Peak asymmetry may have undesirable effects on resolution (or separation) and on calculation of peak areas for quantitatative analysis. To describe the actual peak shape we use the asymmetry factor As. For a new column under ideal conditions, the asymmetry value generally lies between 0.9 and 1.2 .

Calculating the asymmetry factor of a peak:
At 10% of the peak height, a line is drawn parallel to the baseline, which is rectangular on the perpendicular bisector. The asymmetry factor is the distance, b, from the perpendicular bisector to the tail of the peak, divided by the distance of the perpendicular bisector from the front of the peak, a.  Thus,  As = b / a . If the peak is symmetrical, then the asymmetry factor is 1.0.  If  As> 1 the peak is tailing. If < 1 the peak is fronting or leading.

The tailing of a peak is more pronounced closer to the baseline than at the half height of the peak. As a result, the asymmetry is often measured at 10% of the peak height:

Asym = b / a  (b = the peak width of the tail at 10% of peak height; a = the peak width at the front at 10% of the peak height)

Peak symmetry and asymmetry (Animation)

Swiffy output

Instrumental contribution to peak broadening

In an ideal instrument, peak width is only determined by the diffusion processes in the column. In this case, the peak broadening contributed by the injection system, detector and connecting tubings and fittings is negligible:
 
            σ inj + σ det + σ conn « σ column 
  
However, in practice peak broadening is not exclusively caused by the factors mentioned in the plate height equation. If not properly optimised, the instrument itself can contribute to peak broadening. This becomes evident when the same column yields different plate numbers for the same separation carried out on different instruments. 
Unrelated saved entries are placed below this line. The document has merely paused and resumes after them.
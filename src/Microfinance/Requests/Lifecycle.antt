-- ===== src/Microfinance/Requests/Lifecycle.antt =====
-- The life of a loan over a run of requests: its status only moves along the edges of the state
-- machine.
use eminidatabase.Base.{
  ℕ, ◌≡◌, ◌⊎◌, refl, inl, inr, Option, none, some, some-injective, List, [], ◌∷◌, arith, Bool-cases,
  ◌∙◌, sym, ap, subst, ◌==◌, ==→eq,
}
use eminidatabase.Base.Int.{ℤ}
use eminidatabase.Base.Table.{add}
use eminidatabase.Base.Keys.{lookup-add}
use eminidatabase.Base.Action.{
  Outcome, returned, raised, ◌>>◌, pure, Settles, WhenReturned-mono, Settles-holds,
}
use eminidatabase.Base.Preserves.{Keeps, Keeps-atomic, Keeps-then, Preserves, preserves_rules}
use eminidatabase.Microfinance.Tenant.{
  Session, Tx, Error, SavingsAccount, LoanStatus, draft, pending_approval, approved, rejected,
  TransactionType, add_row, flush,
}
use eminidatabase.Microfinance.Rbac.{StaffRole, StaffAction, require_permission}
use eminidatabase.Microfinance.Ledger.{LedgerLine, post_transaction}
use eminidatabase.Microfinance.Savings.{
  get_cash_account, new_account, deposit, withdraw, opening_deposit, open_savings_account,
  open_account, deposit_endpoint, withdraw_endpoint,
}
use eminidatabase.Microfinance.Loans.{new_loan, create_loan}
use eminidatabase.Microfinance.Loans.Endpoints.{create_loan_application, repay_loan_endpoint}
use eminidatabase.Microfinance.Loans.Status.{
  status_of, SameStatus, StatusSet, post_transaction-SameStatus,
}
use eminidatabase.Microfinance.Loans.Lifecycle.{
  Advances, Repaid, submit_loan-Advances, approve_loan-Advances, reject_loan-Advances,
  disburse_loan-Advances, repay_loan-Repaid,
}
use eminidatabase.Microfinance.Requests.{
  Request, open_savings, apply_for_loan, submit, approve, reject, disburse, repay, Call, handle,
  run,
}

-- An edge of the loan state machine.
pub data Edge : LoanStatus → LoanStatus → Type 0 where
  submitted : Edge draft pending_approval
  approval : Edge pending_approval approved
  rejection : Edge pending_approval rejected
  disbursed : Edge approved LoanStatus.active
  repaid : Edge LoanStatus.active LoanStatus.closed

pub data Reaches : LoanStatus → LoanStatus → Type 0 where
  here : {x : LoanStatus} → Reaches x x
  then : {x y z : LoanStatus} → Edge x y → Reaches y z → Reaches x z

-- The status of a loan that there is stays, or takes one edge.
abbrev Follows : ℕ → LoanStatus → Session → Type 0
Follows i from t = (to : LoanStatus) × (status_of i t ≡ some to) × ((from ≡ to) ⊎ Edge from to)

same-Follows :
    (i : ℕ) (from : LoanStatus) (s t : Session)
    → status_of i s ≡ some from
    → status_of i t ≡ status_of i s
    → Follows i from t
same-Follows i from s t e same = (from, same ∙ e, inl refl)

advance-Follows :
    (i j : ℕ) (from at to : LoanStatus) (s t : Session)
    → status_of j s ≡ some from
    → status_of i s ≡ some at
    → StatusSet i to s t
    → Edge at to
    → Follows j from t
advance-Follows i j from at to s t e there h edge = elim (Bool-cases (i == j)) [
  | inr differs ↦ same-Follows j from s t e (h j ∙ rw differs refl)
  | inl agrees ↦
      let same = some-injective _ _ (sym there ∙ ap (λ k. status_of k s) (==→eq i j agrees) ∙ e) in
      (to, h j ∙ rw agrees refl, inr (subst (λ x. Edge x to) same edge))
]

-- The loan `j` has the status `x`.
record HasStatus (j : ℕ) (x : LoanStatus) (t : Session) : Type 0 where
  status : status_of j t ≡ some x

module _ (j : ℕ) (x : LoanStatus) where
  post_transaction-HasStatus :
      (type_name : TransactionType) (key : ℕ) (lines : List LedgerLine)
      → Preserves (HasStatus j x) (post_transaction type_name key lines)
  post_transaction-HasStatus type_name key lines = record {
    when_returned = λ t h.
        WhenReturned-mono (λ _ u. SameStatus t u) (λ _ u. HasStatus j x u)
          (post_transaction type_name key lines t)
          ((post_transaction-SameStatus t type_name key lines).when_returned t
            (record { same = λ k. refl }))
          (λ _ u k. record { status = k.same j ∙ h.status });
  }

  flush-HasStatus : Preserves (HasStatus j x) flush
  flush-HasStatus = record { when_returned = λ t h. record { status = h.status } }

  permission-HasStatus :
      (role : StaffRole) (action : StaffAction)
      → Preserves (HasStatus j x) (require_permission role action)
  unfolding require_permission
  permission-HasStatus role action = record { when_returned = λ s h. ground arith }

  account-HasStatus :
      (customer_id product_id : ℕ)
      → Preserves (HasStatus j x) (
          add_row (λ i s. record s {
            savings_accounts = add i (new_account customer_id product_id) s.savings_accounts;
          }))
  account-HasStatus customer_id product_id = record {
    when_returned = λ t h. record { status = h.status };
  }

  loan-HasStatus :
      (customer_id product_id : ℕ) (principal : ℤ) (term_months : ℕ)
      → Preserves (HasStatus j x) (
          add_row (λ i s. record s {
            loans = add i (new_loan customer_id product_id principal term_months) s.loans;
          }))
  loan-HasStatus customer_id product_id principal term_months = record {
    when_returned = λ t h. record {
      status = ground (
        arith,
        h.status,
        lookup-add t.next_id j (new_loan customer_id product_id principal term_months) t.loans,
      );
    };
  }

  ruleset kept_rules = (
    preserves_rules, post_transaction-HasStatus, flush-HasStatus, permission-HasStatus,
    account-HasStatus, loan-HasStatus, Keeps-atomic,
  )

  opening_deposit-HasStatus :
      (i : ℕ) (account : SavingsAccount) (amount : ℤ) (key : Option ℕ)
      → Preserves (HasStatus j x) (opening_deposit i account amount key)
  unfolding opening_deposit deposit get_cash_account
  opening_deposit-HasStatus i account amount none = search kept_rules
  opening_deposit-HasStatus i account amount (some key) = search kept_rules depth 10

  open_account-HasStatus :
      (role : StaffRole) (customer_id product_id : ℕ) (amount : ℤ) (key : Option ℕ)
      → Keeps (HasStatus j x) (open_account role customer_id product_id amount key)
  unfolding open_account open_savings_account
  open_account-HasStatus role customer_id product_id amount key =
      search (kept_rules, opening_deposit-HasStatus) depth 15

  deposit_endpoint-HasStatus :
      (role : StaffRole) (i : ℕ) (amount : ℤ) (key : ℕ)
      → Keeps (HasStatus j x) (deposit_endpoint role i amount key)
  unfolding deposit_endpoint deposit get_cash_account
  deposit_endpoint-HasStatus role i amount key = search kept_rules depth 15

  withdraw_endpoint-HasStatus :
      (role : StaffRole) (i : ℕ) (amount : ℤ) (key : ℕ)
      → Keeps (HasStatus j x) (withdraw_endpoint role i amount key)
  unfolding withdraw_endpoint withdraw get_cash_account
  withdraw_endpoint-HasStatus role i amount key = search kept_rules depth 15

  create_loan_application-HasStatus :
      (role : StaffRole) (customer_id product_id : ℕ) (principal : ℤ) (term_months : ℕ)
      → Keeps
          (HasStatus j x)
          (create_loan_application role customer_id product_id principal term_months)
  unfolding create_loan_application create_loan
  create_loan_application-HasStatus role customer_id product_id principal term_months =
      search kept_rules depth 15

-- A request that takes no edge.
kept-Follows :
    {A : Type 0} (j : ℕ) (from : LoanStatus) (m : Tx A) (s : Session)
    → status_of j s ≡ some from
    → Keeps (HasStatus j from) m
    → Follows j from ((m >> pure tt) s).1
kept-Follows j from m s e k =
    (from, (((Keeps-then m k).after s (record { status = e })).status), inl refl)

-- A request that takes the edge from `at` to `to`, or fails.
taken-Follows :
    {A : Type 0} (i j : ℕ) (from at to : LoanStatus) (o : Outcome Error A × Session) (s : Session)
    → status_of j s ≡ some from
    → Settles (Advances at to i s) s o
    → Edge at to
    → Follows j from o.1
taken-Follows i j from at to o s e h edge =
    Settles-holds (Follows j from) (Advances at to i s) s o h (same-Follows j from s s e refl)
      (λ t (there, set). advance-Follows i j from at to s t e there set edge)

-- The answer that a handler makes of a service's result leaves the session.
answered_Follows :
    {A : Type 0} (j : ℕ) (from : LoanStatus) (o : Outcome Error A × Session) (s : Session)
    → Follows j from o.1
    → Follows j from (((λ (_ : Session). o) >> pure tt) s).1
answered_Follows j from (returned a, t) s h = h
answered_Follows j from (raised e, t) s h = h

handle-Follows :
    (role : StaffRole) (staff_id : ℕ) (r : Request) (j : ℕ) (from : LoanStatus) (s : Session)
    → status_of j s ≡ some from
    → Follows j from (handle role staff_id r s).1
unfolding handle
handle-Follows role staff_id (open_savings c p a k) j from s e =
    kept-Follows j from _ s e (open_account-HasStatus j from role c p a k)
handle-Follows role staff_id (Request.deposit i a k) j from s e =
    kept-Follows j from _ s e (deposit_endpoint-HasStatus j from role i a k)
handle-Follows role staff_id (Request.withdraw i a k) j from s e =
    kept-Follows j from _ s e (withdraw_endpoint-HasStatus j from role i a k)
handle-Follows role staff_id (apply_for_loan c p a n) j from s e =
    kept-Follows j from _ s e (create_loan_application-HasStatus j from role c p a n)
handle-Follows role staff_id (submit i) j from s e =
    taken-Follows i j from draft pending_approval _ s e (submit_loan-Advances role i s) submitted
handle-Follows role staff_id (approve i now) j from s e =
    taken-Follows i j from pending_approval approved _ s e
      (approve_loan-Advances role i staff_id now s) approval
handle-Follows role staff_id (reject i reason) j from s e =
    taken-Follows i j from pending_approval rejected _ s e
      (reject_loan-Advances role i staff_id reason s) rejection
handle-Follows role staff_id (disburse i k today now) j from s e =
    taken-Follows i j from approved LoanStatus.active _ s e
      (disburse_loan-Advances role i k today now s) disbursed
handle-Follows role staff_id (repay i a k now) j from s e =
    answered_Follows j from (repay_loan_endpoint role i a k now s) s (
      Settles-holds (Follows j from) (λ t. (status_of i s ≡ some LoanStatus.active) × Repaid i s t)
        s _ (repay_loan-Repaid role i a k now s) (same-Follows j from s s e refl)
        (λ t (there, ended). elim ended [
          | inl same ↦ same-Follows j from s t e (same.same j)
          | inr set ↦
              advance-Follows i j from LoanStatus.active LoanStatus.closed s t e there set repaid
        ]))

-- Over any list of requests, a loan that there is stays, and its status moves along edges of the
-- state machine only: draft to pending approval, from there to approved or rejected, approved to
-- active, and active to closed.
pub run-Reaches :
    (cs : List Call) (j : ℕ) (from : LoanStatus) (s : Session)
    → status_of j s ≡ some from
    → (to : LoanStatus) × (status_of j (run cs s) ≡ some to) × Reaches from to
unfolding run
run-Reaches [] j from s e = (from, e, here)
run-Reaches (c ∷ cs) j from s e =
    let t = (handle c.role c.staff_id c.request s).1 in
    let (mid, there, moved) = handle-Follows c.role c.staff_id c.request j from s e in
    let (to, there', rest) = run-Reaches cs j mid t there in
    (
      to,
      there',
      elim moved [
        | inl same ↦ subst (λ x. Reaches x to) (sym same) rest
        | inr edge ↦ then edge rest
      ],
    )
The effect on peak broadening by the other components in the chromatographic system and their relative contributions increase as the volume of the column gets smaller compared to the volume outside the column.
 
The overall peak width is determined by:

  • the injection
  • the separation process in the column
  • the connections between instrument components
  • the detector

σ 2 overall = σ2 injector + σ2 column + σ2 connections + σ2 detector

Standard deviations are expressed without dimension. The deviation in the volume can be found by multiplying t (min) by the flow F (mL/min).

Dead volumes affect the efficiency of a column. Narrow bore, thin film columns with small internal volumes and high efficiencies will be more critically affected than wide bore, thick film columns. With respect to dead volume and its effect on chromatographic peaks, distinction can be made between:

  • Dynamic dead volume
    Dynamic dead volume is 'empty' volume of, for instance, a detector-jet, a piece of connecting tubing or a fitting, in which carrier gas flows in an oneven flow profile. Such an extra volume results in peak broadening. The peaks usually remain symmetrical.
  • Static dead volume
    Asymmetrical peaks (tailing) are caused by static dead volume. This volume is is not (completely) swept by the carrier gas and is caused by, for instance, poor couplings, closed connections, wrongly constructed liners or detector-jets or a faulty installation of a column.